O mercado financeiro celebrou a vitória de Jair Bolsonaro na eleição presidencial, diante da perspectiva de manutenção do tripé que orienta a política econômica do país há praticamente duas décadas, com alguns reveses temporários.

O economista Paulo Guedes seria a garantia da permanência desse arranjo tão favorável aos interesses do sistema financeiro, que combina juros altos, câmbio valorizado e aperto fiscal.

Os empresários do setor produtivo também manifestaram satisfação com o resultado eleitoral, acreditando em dias melhores com a perspectiva de aprofundamento de uma pauta de medidas de liberalização econômica.

Mas cabe a pergunta: o que é bom para o mercado financeiro necessariamente é benéfico, por exemplo, para a indústria?

A indústria de transformação no Brasil, que chegou a responder por 21,8% do PIB do País em meados dos anos 1980 – quando foi uma das responsáveis pela superação da crise da dívida externa, por sua capacidade de gerar renda, emprego e divisas para o Brasil – está hoje reduzida a pouco mais de 11% do PIB.

As razões são bem conhecidas daqueles que ainda resistem na produção industrial: custo de capital dos mais altos do mundo (juros elevados e crédito restrito), câmbio valorizado (que reduz a competitividade no mercado externo), infraestrutura sucateada (dada a incapacidade de investimento do setor público) e carga tributária excessiva (impostos indiretos que elevam os custos de produção).

Em suma: o mesmo tripé de política econômica que garante a rentabilidade das instituições financeiras tem sido o responsável pelo encolhimento acelerado da indústria nacional.
As reformas previstas para 2019, como o aprofundamento da reforma trabalhista, poderão dar algum alívio no curto prazo para o setor industrial. Contudo, o custo menor com a força de trabalho também representará – juntamente com a reforma previdenciária e redução dos gastos públicos com políticas sociais – um mercado interno menor no futuro, pela perda de poder de consumo do assalariado brasileiro.

Embora seja um economista ultraliberal e que sempre atuou no setor financeiro, Paulo Guedes tem sinalizado em alguns momentos a possibilidade de uma intervenção mais ativa no câmbio, com uma possível aposta num real mais desvalorizado.

Se a recuperação da competitividade da produção nacional gerar crescimento da economia e da arrecadação, o passo seguinte seria a redução de impostos das empresas.
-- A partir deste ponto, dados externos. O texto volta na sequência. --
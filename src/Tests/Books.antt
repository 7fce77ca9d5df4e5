-- ===== src/Tests/Books.antt =====
-- The address book on files in memory, with texts that count in the letter "a", and its theorems at
-- concrete inputs.
use Prim.Native.String.{◌++◌ as append, [] as empty, ◌∷◌ as char_then}
use Prim.Native.String.append
use Prim.Native.Char.{code}
use emerald_rs.Prelude.{
  ℕ, zero, suc, ◌+◌, ◌≡◌, ◌≢◌, refl, sym, ap, ◌∙◌, ◌==◌, ==_iff, String, Bool, true, false, inl,
  inr, if◌then◌else◌, Option, none, some, List, [], ◌∷◌, ◌++◌, map, Result, ok, err, Bool-cases,
}
use emerald_rs.Storage.Bookmarks.{BookTexts}
use emerald_rs.Storage.Csv.{CsvFiles, IsCsvFiles, IsReliableCsv}
use emerald_rs.Tests.Disk.{uuid_text}

abbrev count_of : Bool → Option ℕ → Option ℕ
count_of true (some n) = some (suc n)
count_of _ _ = none

unfoldable pub letters : String → Option ℕ
letters empty = some 0
letters (char_then c s) = let rest = letters s in count_of (code c == 97) rest

pub letters-uuid_text : (n : ℕ) → letters (uuid_text n) ≡ some n
unfolding letters
letters-uuid_text zero = refl
letters-uuid_text (suc n) = rw (letters-uuid_text n) refl

abbrev pub list_text : List ℕ → String
list_text [] = ""
list_text (n ∷ ns) = char_then "b" (append (uuid_text n) (list_text ns))

abbrev step_of : Bool → ℕ × List ℕ → ℕ × List ℕ
step_of true (k, ns) = (suc k, ns)
step_of false (k, ns) = (0, k ∷ ns)

unfoldable pub numbers : String → ℕ × List ℕ
numbers empty = (0, [])
numbers (char_then c s) = let rest = numbers s in step_of (code c == 97) rest

numbers_letters :
    (n : ℕ) (t : String) (ns : List ℕ)
    → numbers t ≡ (0, ns)
    → numbers (append (uuid_text n) t) ≡ (n, ns)
unfolding numbers
numbers_letters zero t ns h = (ap numbers (append.nil t)) ∙ h
numbers_letters (suc n) t ns h =
    let step : append (char_then "a" (uuid_text n)) t ≡ char_then "a" (append (uuid_text n) t) =
      (λ i. append.cons "a" (uuid_text n) t i) in
    rw (step, numbers_letters n t ns h) refl

pub numbers-list_text : (ns : List ℕ) → numbers (list_text ns) ≡ (0, ns)
unfolding numbers
numbers-list_text [] = refl
numbers-list_text (n ∷ ns) = rw (numbers_letters n (list_text ns) ns (numbers-list_text ns)) refl

abbrev pub texts : BookTexts
unfolding letters numbers
texts = record {
  parse_str = letters;
  uuid_to_string = uuid_text;
  base64_decode = λ s. some (numbers s).1;
  base64_encode = list_text;
  parse_str-uuid_to_string = λ id h. letters-uuid_text id;
  parse_str-id = refl;
  base64_decode-base64_encode = λ bs. ap (λ r. some r.1) (numbers-list_text bs);
}

abbrev pub State : Type 0
State = ℕ → Option (List (List String))

abbrev put : State → ℕ → Option (List (List String)) → State
put s p rows q = if q == p then rows else s q

put_same : (s : State) (p : ℕ) (rows : Option (List (List String))) → put s p rows p ≡ rows
put_same s p rows = rw ((==_iff p p).1 refl) refl

put_other :
    (s : State) (p q : ℕ) (rows : Option (List (List String))) → q ≢ p → put s p rows q ≡ s q
put_other s p q rows apart = elim (Bool-cases (q == p)) [
  | inl same ↦ absurd (apart ((==_iff q p).0 same))
  | inr differ ↦ rw differ refl
]

abbrev is_there : Option (List (List String)) → Bool
is_there none = false
is_there (some _) = true

abbrev read_file :
    Option (List (List String)) → Result (Unit {0}) (List (Result (Unit {0}) (List String)))
read_file none = err tt
read_file (some rows) = ok (map ok rows)

abbrev opened : Option (List (List String)) → Option (List (List String))
opened none = some []
opened (some rows) = some rows

abbrev appended : List String → Option (List (List String)) → Option (List (List String))
appended row none = some (row ∷ [])
appended row (some rows) = some (rows ++ row ∷ [])

abbrev moved : Option (List (List String)) → State → State → Result String (Unit {0}) × State
moved none s t = (err "missing", s)
moved (some _) s t = (ok tt, t)

abbrev pub csv : CsvFiles State ℕ
csv = record {
  exists = λ s p. is_there (s p);
  records = λ p s. (read_file (s p), s);
  open_append = λ p s. (ok tt, put s p (opened (s p)));
  writer = λ p s. (ok tt, put s p (some []));
  write_record = λ p row s. (ok tt, put s p (appended row (s p)));
  flush = λ p s. (ok tt, s);
  set_extension = λ p text. some (p + 1);
  rename = λ from to s. moved (s from) s (put (put s from none) to (s from));
  remove_file = λ p s. (ok tt, put s p none);
}

abbrev pub content : State → ℕ → Option (List (List String))
content s p = s p

-- The writers keep nothing back.
abbrev pub flushed : State → Bool
flushed s = true

there_if_some :
    (o : Option (List (List String))) (rows : List (List String))
    → o ≡ some rows
    → is_there o ≡ true
there_if_some o rows h = rw h refl

none_if_gone : (o : Option (List (List String))) → is_there o ≡ false → o ≡ none
none_if_gone none h = refl
none_if_gone (some _) h = cc

moved_ok :
    (o : Option (List (List String))) (s t : State) → (moved o s t).0 ≡ ok tt → (moved o s t).1 ≡ t
moved_ok none s t h = cc
moved_ok (some _) s t h = refl

moved_failed :
    (o : Option (List (List String))) (s t : State) (e : String)
    → (moved o s t).0 ≡ err e
    → (moved o s t).1 ≡ s
moved_failed none s t e h = refl
moved_failed (some _) s t e h = cc

pub csv-IsCsvFiles : IsCsvFiles csv content flushed
csv-IsCsvFiles = record {
  exists_content = λ p s rows h. there_if_some (s p) rows h;
  records_content = λ p q s. refl;
  records_flushed = λ p s. refl;
  records_exists = λ p q s. refl;
  records_ok = λ p s rows lines clear h valid done complete.
      (let found : ok lines ≡ ok (map ok rows) = sym done ∙ ap read_file h in cc);
  open_append_new =
      λ p s gone done. put_same s p (opened (s p)) ∙ ap opened (none_if_gone (s p) gone);
  open_append_old = λ p s rows h done. put_same s p (opened (s p)) ∙ ap opened h;
  writer_ok = λ p s done. put_same s p (some []);
  writer_other = λ p q s apart. put_other s p q _ apart;
  write_record_ok =
      λ p s rows row h valid done. put_same s p (appended row (s p)) ∙ ap (appended row) h;
  write_record_other = λ p q s row apart. put_other s p q _ apart;
  flush_ok = λ p q s done. (refl, refl);
  rename_ok = λ from to s apart done.
      ap (λ t. t to) (moved_ok (s from) s _ done) ∙ put_same (put s from none) to (s from);
  rename_failed = λ from to q s e h. (
    ap (λ t. t q) (moved_failed (s from) s _ e h),
    ap (λ t. is_there (t q)) (moved_failed (s from) s _ e h),
  );
  rename_missing =
      λ from to s gone done. missing_stays (s from) s _ (none_if_gone (s from) gone) done;
  rename_flushed = λ from to s. refl;
  remove_file_other = λ p q s apart. put_other s p q none apart;
  remove_file_flushed = λ p s. refl;
}
  where
    missing_stays :
        (o : Option (List (List String))) (s t : State) → o ≡ none → ¬ ((moved o s t).0 ≡ ok tt)
    missing_stays o s t h done = absurd (cc (rw h at done))

pub csv-IsReliableCsv : IsReliableCsv csv content flushed
csv-IsReliableCsv = record {
  records_total = λ p s rows clear h valid. ap read_file h;
  open_append_total = λ p s. refl;
  writer_total = λ p s. refl;
  write_record_total = λ p s row. refl;
  flush_total = λ p s. refl;
  rename_total = λ from to s rows h. moves (s from) s _ rows h;
}
  where
    moves :
        (o : Option (List (List String))) (s t : State) (rows : List (List String))
        → o ≡ some rows
        → (moved o s t).0 ≡ ok tt
    moves o s t rows h = rw h refl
Parte das reservas em dólares também poderia ser usada para reduzir a dívida pública, possibilitando juros menores no futuro.
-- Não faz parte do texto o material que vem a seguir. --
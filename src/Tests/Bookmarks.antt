-- ===== src/Tests/Bookmarks.antt =====
-- The theorems on the address book at concrete inputs.
use emerald_rs.Prelude.{
  ℕ, ◌<◌, ◌≡◌, refl, ap, ◌∙◌, arith, true, false, inl, inr, String, none, some, List, [], ◌∷◌, ◌++◌,
  ok, err, if◌then◌else◌, ◌==◌,
}
use emerald_rs.Structs.{conversion_error, invalid_protobuf}
use emerald_rs.Convert.Crates.{Wire}
use emerald_rs.Convert.Messages.{ProtoBookItem}
use emerald_rs.Convert.Books.{book_to_bytes, book_from_bytes}
use emerald_rs.Storage.Bookmarks.{
  AddressBookmark, find_bookmark, read_rows, read_line, read_row, row_of, record_of,
  bookmark_from_record,
}
use emerald_rs.Storage.Bookmarks.RoundTrip.{
  IsStorable, IsStored, read_line-row_of, read_rows-append, is_header-row_of,
}
use emerald_rs.Storage.AddressBook.{get_all, get, add, rewrite, remove}
use emerald_rs.Storage.AddressBook.Tables.{IsBook, add-IsBook}
use emerald_rs.Storage.AddressBook.Updates.{remove-IsBook}
use emerald_rs.Storage.AddressBook.Totals.{
  get_all_total, add_total, remove_total, remove_moved, rebuild_eq,
}
use emerald_rs.Storage.AddressBook.Failures.{remove_failed}
use emerald_rs.Storage.AddressBook.Lookups.{get_eq, get-add}
use emerald_rs.Tests.Messages.{convert_lib, book_wire}
use emerald_rs.Tests.Stored.{bookmark, bookmark_bytes, bookmark_written, bookmark-IsStorableBook}
use emerald_rs.Tests.Books.{texts, State, csv, content, flushed, csv-IsCsvFiles, csv-IsReliableCsv}

abbrev nothing : State
nothing p = none

-- The bookmark under an identifier.
abbrev named : ℕ → AddressBookmark
named id = record { id = id; details = bookmark }

abbrev IsBookOf : State → List AddressBookmark → Type 0
IsBookOf s bs = IsBook convert_lib book_wire texts csv content 0 flushed s bs

nothing-IsBook : IsBookOf nothing []
nothing-IsBook = record { flushed_is = refl; storable = tt; held = inl (refl, refl) }

named-IsStorable : (n : ℕ) → n < 10 → IsStorable convert_lib (named n)
named-IsStorable n h = (omega arith, bookmark-IsStorableBook)

named-IsStored : (n : ℕ) → n < 10 → IsStored convert_lib (named n)
named-IsStored n h = (named-IsStorable n h, refl)

abbrev after_add : ℕ → State → State
after_add n s = (add convert_lib book_wire texts csv 0 (named n) s).1

add_done : (n : ℕ) (s : State) → (add convert_lib book_wire texts csv 0 (named n) s).0 ≡ ok n
add_done n s =
    add_total convert_lib book_wire texts csv content 0 flushed csv-IsCsvFiles csv-IsReliableCsv s
      (named n) bookmark_bytes bookmark_written

abbrev two : State
two = after_add 4 (after_add 3 nothing)

added :
    (n : ℕ) (s : State) (bs : List AddressBookmark)
    → n < 10
    → IsBookOf s bs
    → IsBookOf (after_add n s) (bs ++ named n ∷ [])
added n s bs small h =
    (add-IsBook convert_lib book_wire texts csv content 0 flushed csv-IsCsvFiles s bs (named n) n h
      (named-IsStorable n small) (add_done n s)).1

two-IsBook : IsBookOf two (named 3 ∷ named 4 ∷ [])
two-IsBook =
    added 4 (after_add 3 nothing) (named 3 ∷ []) (omega arith)
      (added 3 nothing [] (omega arith) nothing-IsBook)

get-add_example :
    ((add convert_lib book_wire texts csv 0 (named 5) two).0 ≡ ok 5)
    × ((get convert_lib book_wire texts csv 0 5
          (add convert_lib book_wire texts csv 0 (named 5) two).1).0
        ≡ ok (named 5))
get-add_example =
    get-add convert_lib book_wire texts csv content 0 flushed csv-IsCsvFiles csv-IsReliableCsv two
      (named 3 ∷ named 4 ∷ []) (named 5) bookmark_bytes two-IsBook
      (named-IsStorable 5 (omega arith)) refl bookmark_written

there :
    (s : State) (b : AddressBookmark) (bs : List AddressBookmark)
    → IsBookOf s (b ∷ bs)
    → csv.exists s 0 ≡ true
there s b bs h = elim h.held [
  | inl (gone, none_held) ↦ absurd (cc (none_held))
  | inr t ↦ csv-IsCsvFiles.exists_content 0 s t.rows t.content_is
]

removed : (remove convert_lib book_wire texts csv 0 4 two).0 ≡ ok true
removed =
    remove_total convert_lib book_wire texts csv content 0 flushed csv-IsCsvFiles csv-IsReliableCsv
      two (named 3 ∷ named 4 ∷ []) 4 1 two-IsBook (there two (named 3) (named 4 ∷ []) two-IsBook)
      refl ((bookmark_bytes, bookmark_written), ((bookmark_bytes, bookmark_written), tt))

remove_total_example : (remove convert_lib book_wire texts csv 0 4 two).0 ≡ ok true
remove_total_example =
    remove_total convert_lib book_wire texts csv content 0 flushed csv-IsCsvFiles csv-IsReliableCsv
      two (named 3 ∷ named 4 ∷ []) 4 1 two-IsBook (there two (named 3) (named 4 ∷ []) two-IsBook)
      refl ((bookmark_bytes, bookmark_written), ((bookmark_bytes, bookmark_written), tt))

remove-IsBook_example :
    (true ≡ true) × IsBookOf (remove convert_lib book_wire texts csv 0 4 two).1 (named 3 ∷ [])
remove-IsBook_example =
    remove-IsBook convert_lib book_wire texts csv content 0 flushed csv-IsCsvFiles two
      (named 3 ∷ named 4 ∷ []) 4 true two-IsBook removed

-- The same identifier with another label.
renamed : AddressBookmark
renamed = record { id = 3; details = record bookmark { label = none } }

renamed-IsStorable : IsStorable convert_lib renamed
unfolding renamed
renamed-IsStorable = (
  omega arith,
  record {
    label_kept = λ h. cc;
    description_kept = bookmark-IsStorableBook.description_kept;
    address_kept = bookmark-IsStorableBook.address_kept;
    date_kept = bookmark-IsStorableBook.date_kept;
  },
)

-- A second bookmark with an identifier is added, and the first one stays what the identifier gives.
first_stays :
    (bytes : List ℕ)
    → book_to_bytes convert_lib book_wire renamed.details ≡ ok bytes
    → (get convert_lib book_wire texts csv 0 3
        (add convert_lib book_wire texts csv 0 renamed two).1).0
      ≡ ok (named 3)
unfolding renamed find_bookmark
first_stays bytes written =
    let (same, h) =
      add-IsBook convert_lib book_wire texts csv content 0 flushed csv-IsCsvFiles two
        (named 3 ∷ named 4 ∷ []) renamed 3 two-IsBook renamed-IsStorable
        (add_total convert_lib book_wire texts csv content 0 flushed csv-IsCsvFiles
          csv-IsReliableCsv two renamed bytes written) in
    get_eq convert_lib book_wire texts csv content 0 flushed csv-IsCsvFiles csv-IsReliableCsv
      (add convert_lib book_wire texts csv 0 renamed two).1 (named 3 ∷ named 4 ∷ renamed ∷ []) 3 h

-- Messages that are read and cannot be written.
abbrev refusing : Wire ProtoBookItem
refusing = record {
  write_to_bytes = λ m. err invalid_protobuf;
  parse_from_bytes = book_wire.parse_from_bytes;
  parse_from_bytes-write_to_bytes = λ m bs h. cc;
}

abbrev one_row : List String
one_row = row_of (record_of texts 3 bookmark_bytes)

abbrev one : State
one p = if p == 0 then some (one_row ∷ []) else none

one_line : read_line convert_lib refusing texts one_row ≡ ok (named 3)
unfolding read_line bookmark_from_record book_from_bytes read_row
one_line =
    read_line-row_of convert_lib book_wire texts (named 3) bookmark_bytes
      (named-IsStorable 3 (omega arith)) bookmark_written

one-IsBook : IsBook convert_lib refusing texts csv content 0 flushed one (named 3 ∷ [])
one-IsBook = record {
  flushed_is = refl;
  storable = (named-IsStored 3 (omega arith), tt);
  held = inr (record {
    rows = one_row ∷ [];
    content_is = refl;
    rows_valid = (refl, tt);
    read_is =
        read_rows-append convert_lib refusing texts [] one_row [] (named 3)
          (unfold read_rows in refl)
          (is_header-row_of convert_lib refusing texts (named 3) bookmark_bytes
            (named-IsStorable 3 (omega arith)))
          one_line;
  });
}

refused :
    (remove convert_lib refusing texts csv 0 9 one).0 ≡ err (conversion_error invalid_protobuf)
unfolding rewrite book_to_bytes
refused =
    let reads =
      get_all_total convert_lib refusing texts csv content 0 flushed csv-IsCsvFiles
        csv-IsReliableCsv one (named 3 ∷ []) one-IsBook in
    let s1 = (get_all convert_lib refusing texts csv 0 one).1 in
    let copies : (csv.rename 0 1 s1).0 ≡ ok tt = unfold get_all in refl in
    ap (λ r. r.0)
      (remove_moved convert_lib refusing texts csv content 0 flushed csv-IsCsvFiles
        csv-IsReliableCsv one (named 3 ∷ []) 9 reads 1 refl copies)
    ∙ ap (λ r. r.0)
        (rebuild_eq convert_lib refusing texts csv content 0 flushed csv-IsCsvFiles
          csv-IsReliableCsv 9 (named 3 ∷ []) 1 (csv.rename 0 1 s1).1 (false, some invalid_protobuf)
          refl)

remove_failed_example :
    IsBook convert_lib refusing texts csv content 0 flushed
      (remove convert_lib refusing texts csv 0 9 one).1
      (named 3 ∷ [])
remove_failed_example =
    remove_failed convert_lib refusing texts csv content 0 flushed csv-IsCsvFiles csv-IsReliableCsv
      one (named 3 ∷ []) 9 (conversion_error invalid_protobuf) (λ bak h same. cc (h, same))
      one-IsBook refused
Ou seja, o tripé macroeconômico, tão festejado pelo mercado financeiro, mas que tem engessado o crescimento do setor produtivo brasileiro, poderia sofrer mudanças importantes no novo governo – embora não haja qualquer garantia de que essas sinalizações do novo ministro da Economia se confirmem.
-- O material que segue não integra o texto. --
-- ===== src/Tests/Bytes.antt =====
-- The theorems on bytes, chains, amounts and versions at concrete inputs.
use emerald_rs.Prelude.{
  ℕ, ◌≤◌, ◌≡◌, ◌≢◌, ◌↔◌, refl, List, [], ◌∷◌, length, get_elem?, some, none, ok, arith, Ordering,
  false,
}
use emerald_rs.Prelude.Bytes.{be_value}
use emerald_rs.Util.{align_bytes, trim_bytes}
use emerald_rs.Util.Laws.{trim_bytes_lem}
use emerald_rs.Chains.{Blockchain, Network}
use emerald_rs.Structs.{
  Uuid, Instant, p2wpkh, witness, Wallet, WalletEntry, private_key_ref, next_entry_id, get_entry,
  cmp_by_date_id,
}
use emerald_rs.Structs.Wallets.{Below, next_entry_id_lem}
use emerald_rs.Bitcoin.{type_of_version, type_of_purpose, Transfer, validate}
use emerald_rs.Bitcoin.Amounts.{Agrees, validate_lem}

abbrev undated : Uuid × Instant
undated = (9, 100_000_000)

abbrev dated : Uuid × Instant
dated = (2, 500)

abbrev padded : List ℕ
padded = 0 ∷ 0 ∷ 7 ∷ 0 ∷ []

trim_bytes_lem_example :
    (be_value (trim_bytes padded) ≡ be_value padded)
    × (get_elem? (trim_bytes padded) 0 ≢ some 0)
    × (align_bytes (trim_bytes padded) (length padded) ≡ padded)
trim_bytes_lem_example = trim_bytes_lem padded

zpub_read : type_of_version 0x04b24746 ≡ ok (Network.bitcoin, p2wpkh)
unfolding type_of_version
zpub_read = refl

witness_read : type_of_purpose witness ≡ ok p2wpkh
unfolding type_of_purpose
witness_read = refl

abbrev payment : Transfer
payment = record { inputs = 5000 ∷ 3000 ∷ []; outputs = 7500 ∷ []; expected_fee = 500 }

validate_lem_example : (validate payment ≡ ok tt) ↔ Agrees payment
validate_lem_example = validate_lem payment (omega arith) (omega arith)

abbrev old_entry : ℕ → WalletEntry
old_entry id = record {
  id = id;
  label = none;
  blockchain = Blockchain.ethereum;
  address = none;
  key = private_key_ref 5;
  receive_disabled = false;
  created_at = 1000;
}

abbrev wallet : Wallet
wallet = record {
  id = 1;
  label = none;
  entries = old_entry 0 ∷ old_entry 4 ∷ [];
  entry_seq = 3;
  reserved = [];
  created_at = 1000;
}

next_entry_id_lem_example :
    Below (next_entry_id wallet) wallet.entries × (wallet.entry_seq ≤ next_entry_id wallet)
next_entry_id_lem_example = next_entry_id_lem wallet (omega arith, (omega arith, tt))

found_4 : get_entry wallet 4 ≡ ok (old_entry 4)
unfolding get_entry
found_4 = refl

earlier : cmp_by_date_id (9, 100) (2, 500) ≡ Ordering.lt
unfolding cmp_by_date_id
earlier = refl

later : cmp_by_date_id (2, 500) (3, 500) ≡ Ordering.lt
unfolding cmp_by_date_id
later = refl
São apenas especulações. Mas será que é isso que Paulo Guedes quis dizer quando afirmou que pretende “salvar a indústria, apesar dos industriais”? Esses mesmos industriais que celebram a manutenção do tripé econômico com o mercado financeiro? A resposta começará a ser dada em 2019.

Andrés Vivas Frontana

Andrés Vivas Frontana é economista, mestre e doutor em Teoria Econômica pela USP e professor da ESPM, no curso de Administração.